Una nuova allarmante preoccupazione di politica sociale risulta essere la scarsa qualità del lavoro chesi esplica in basse retribuzioni, scarse garanzie contributive, irregolarità delle carriere, ecc. Queste condizioni determinano un rischio di povertà individuale significativo per i lavoratori e aumentano il rischio di povertà dell’intero nucleo familiare. Ma quali sono le cause di  situazione paradossale? Indubbiante l’evoluzione del mercato del lavoro, dove i cambiamenti tecnologici della struttura produttiva hanno favorito la domanda di lavoratori qualificati rispetto a quelli non qualificati - il cosiddetto Skill-Biased Technological Change, cioè la non- neutralità del cambiamento tecnologico, che tende a prediligere il lavoro qualificato rispetto a quello non qualificato - ; la delocalizzazione del lavoro nei paesi in via di sviluppo che può avere comportato una riduzione dei salari dei lavoratori meno qualificati in Europa; i fenomeni migratori che possono aver ridotto il salario dei lavoratori nativi poco qualificati. 

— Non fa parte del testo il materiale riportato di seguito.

-- ===== src/Bench/Suite/Laws.antt =====
-- The rows that a suite prints, and the threads of a trial (bench/bench_main.cpp).
use lock_free_mpmc_queue.Base.{
  ℕ, zero, suc, ◌+◌, ◌-◌, ◌%◌, ◌^◌, ◌≤◌, ◌<◌, ◌≡◌, refl, ◌∙◌, ap, ap₂, false, inl, inr, List, [],
  ◌∷◌, ◌++◌, ltb, if◌then◌else◌, Bool-cases, arith,
}
use lock_free_mpmc_queue.Bench.Args.{Options}
use lock_free_mpmc_queue.Bench.Suite.{
  Event, header, skips, tries, row, summary, sub32, split_ratio, rep_loop, is_skipped, count_events,
  threads_events, run_suite,
}

-- Two threads or more are split into producers and consumers, at least one of each and none left
-- over, whatever the rounded share is.
pub split_ratio_bounds :
    (p nthreads : ℕ)
    → 2 ≤ nthreads
    → nthreads < 2 ^ 32
    → p < 2 ^ 32
    → (1 ≤ (split_ratio p nthreads).0)
      × (1 ≤ (split_ratio p nthreads).1)
      × ((split_ratio p nthreads).0 + (split_ratio p nthreads).1 ≡ nthreads)
unfolding split_ratio
split_ratio_bounds p n two small sp = ground arith

-- The thread counts and the repetitions of the rows.
unfoldable pub rows : List Event → List (ℕ × ℕ)
rows [] = []
rows (row n r t ∷ es) = (n, r) ∷ rows es
rows (header ∷ es) = rows es
rows (skips n ∷ es) = rows es
rows (tries t ∷ es) = rows es
rows (summary n ∷ es) = rows es

rows-append : (es fs : List Event) → rows (es ++ fs) ≡ rows es ++ rows fs
unfolding rows
rows-append [] fs = refl
rows-append (row n r t ∷ es) fs = ap (λ rs. (n, r) ∷ rs) (rows-append es fs)
rows-append (header ∷ es) fs = rows-append es fs
rows-append (skips n ∷ es) fs = rows-append es fs
rows-append (tries t ∷ es) fs = rows-append es fs
rows-append (summary n ∷ es) fs = rows-append es fs

-- `k` repetitions from `r` on.
pub numbered : (n r k : ℕ) → List (ℕ × ℕ)
numbered n r zero = []
numbered n r (suc k) = (n, r) ∷ numbered n (r + 1) k

module _ (share : ℕ → ℕ → ℕ → ℕ) (o : Options) where
  -- Every thread count that is not skipped has one row for each repetition, numbered from 0.
  pub expected_rows : List ℕ → List (ℕ × ℕ)
  expected_rows [] = []
  expected_rows (n ∷ ns) =
      (if is_skipped share o n then [] else numbered n 0 o.reps) ++ expected_rows ns

  rows-counted :
      (n left rep : ℕ)
      → o.warmup ≤ rep
      → rep + left < 2 ^ 32
      → rows (rep_loop share o n left rep) ≡ numbered n (rep - o.warmup) left
  unfolding rep_loop rows numbered
  rows-counted n zero rep le small = refl
  rows-counted n (suc left) rep le small =
      let test : ltb rep o.warmup ≡ false = ground arith in
      let number : sub32 rep o.warmup ≡ rep - o.warmup = omega arith in
      let next : rep + 1 - o.warmup ≡ rep - o.warmup + 1 = omega arith in
      rw (test, number)
        (ap (λ rs. (n, rep - o.warmup) ∷ rs)
          (rows-counted n left (rep + 1) (omega arith) (omega arith)
            ∙ ap (λ r. numbered n r left) next))

  rows-rep_loop :
      (n left rep : ℕ)
      → rep ≤ o.warmup
      → rep + left ≡ o.warmup + o.reps
      → o.warmup + o.reps < 2 ^ 32
      → rows (rep_loop share o n left rep) ≡ numbered n 0 o.reps
  unfolding rep_loop rows numbered
  rows-rep_loop n zero rep le e small = let none : o.reps ≡ 0 = omega arith in rw none
  rows-rep_loop n (suc left) rep le e small = elim (Bool-cases (ltb rep o.warmup)) [
    | inl b ↦ rw b (rows-rep_loop n left (rep + 1) (ground arith) (omega arith) small)
    | inr b ↦
        rows-counted n (suc left) rep (ground arith) (omega arith)
        ∙ ap₂ (numbered n) {x = rep - o.warmup} {u = suc left} (ground arith) (ground arith)
  ]

  rows-block :
      (n : ℕ)
      → o.warmup + o.reps < 2 ^ 32
      → rows (count_events share o n) ≡ (if is_skipped share o n then [] else numbered n 0 o.reps)
  unfolding rows
  rows-block n small = elim (Bool-cases (is_skipped share o n)) [
    | inl e ↦ rw e
    | inr e ↦
        rw e (rows-rep_loop n ((o.warmup + o.reps) % 2 ^ 32) 0 (omega arith) (omega arith) small)
  ]

  rows-threads_events :
      (ns : List ℕ)
      → o.warmup + o.reps < 2 ^ 32
      → rows (threads_events share o ns) ≡ expected_rows ns
  unfolding threads_events expected_rows rows
  rows-threads_events [] small = refl
  rows-threads_events (n ∷ ns) small =
      rows-append (count_events share o n) (threads_events share o ns)
      ∙ ap₂ ◌++◌ (rows-block n small) (rows-threads_events ns small)

  -- With fewer than 2 ^ 32 repetitions in all, a suite prints a row for each repetition behind the
  -- warm-up, numbered from 0, of each thread count that it does not skip.
  pub rows-run_suite :
      o.warmup + o.reps < 2 ^ 32 → rows (run_suite share o) ≡ expected_rows o.threads
  unfolding run_suite rows
  rows-run_suite small = rows-threads_events o.threads small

Ma anche i cambiamenti istituzionali rientrano certamente nelle cause del cambiamento in atto: le riforme di liberalizzazione del mercato del lavoro che hanno determinato il peggioramento della qualità delle posizioni lavorative ma anche l’indebolimento del potere contrattuale dei sindacati e il minor ricorso alla contrattazione centralizzata che possono aver avuto ripercussioni negative sui salari. La povertà lavorativa, infatti, è comunemente collegata a salari insufficienti mentre in realtà è il risultato di un processo che va ben oltre il salario e che riguarda i tempi di lavoro, quante ore si lavora abitualmente a settimana e quante settimane si è occupati in un anno.

Tra le regioni con più alta incidenza di “nuovi poveri” si distingue la Valle d’Aosta (61,1%,), la Campania (57,0%), il Lazio (52,9%), la Sardegna (51,5%) e il Trentino Alto Adige (50,8%). Regioni del ricco Nord assieme, dunque, ad alcune aree del Centro e del Mezzogiorno, in linea con quanto evidenziato dall’Istat nell’ultima rilevazione sulla povertà assoluta. Sul fronte delle povertà di lungo corso, le regioni con la più alta percentuale di persone seguite da 5 anni e più (che cpossiamo assimilare alle condizioni di cronicità) risultano essere: Toscana (43%), Umbria (36,4%)  Friuli Venezia Giulia (33,1%) e Abruzzo (32,8%). In Particolare in Umbria, i nuovi poveri registrati nell’anno della pandemia sono 35,4%; quelli in povertà da 1-2 anni sono il 15, 8% e quelli da 3-4 anni sono il 12,4%. Il totale dei poveri nella nostra regione, secondo l’ultimo rapporto della Caritas, si attesta a 5.244 persone.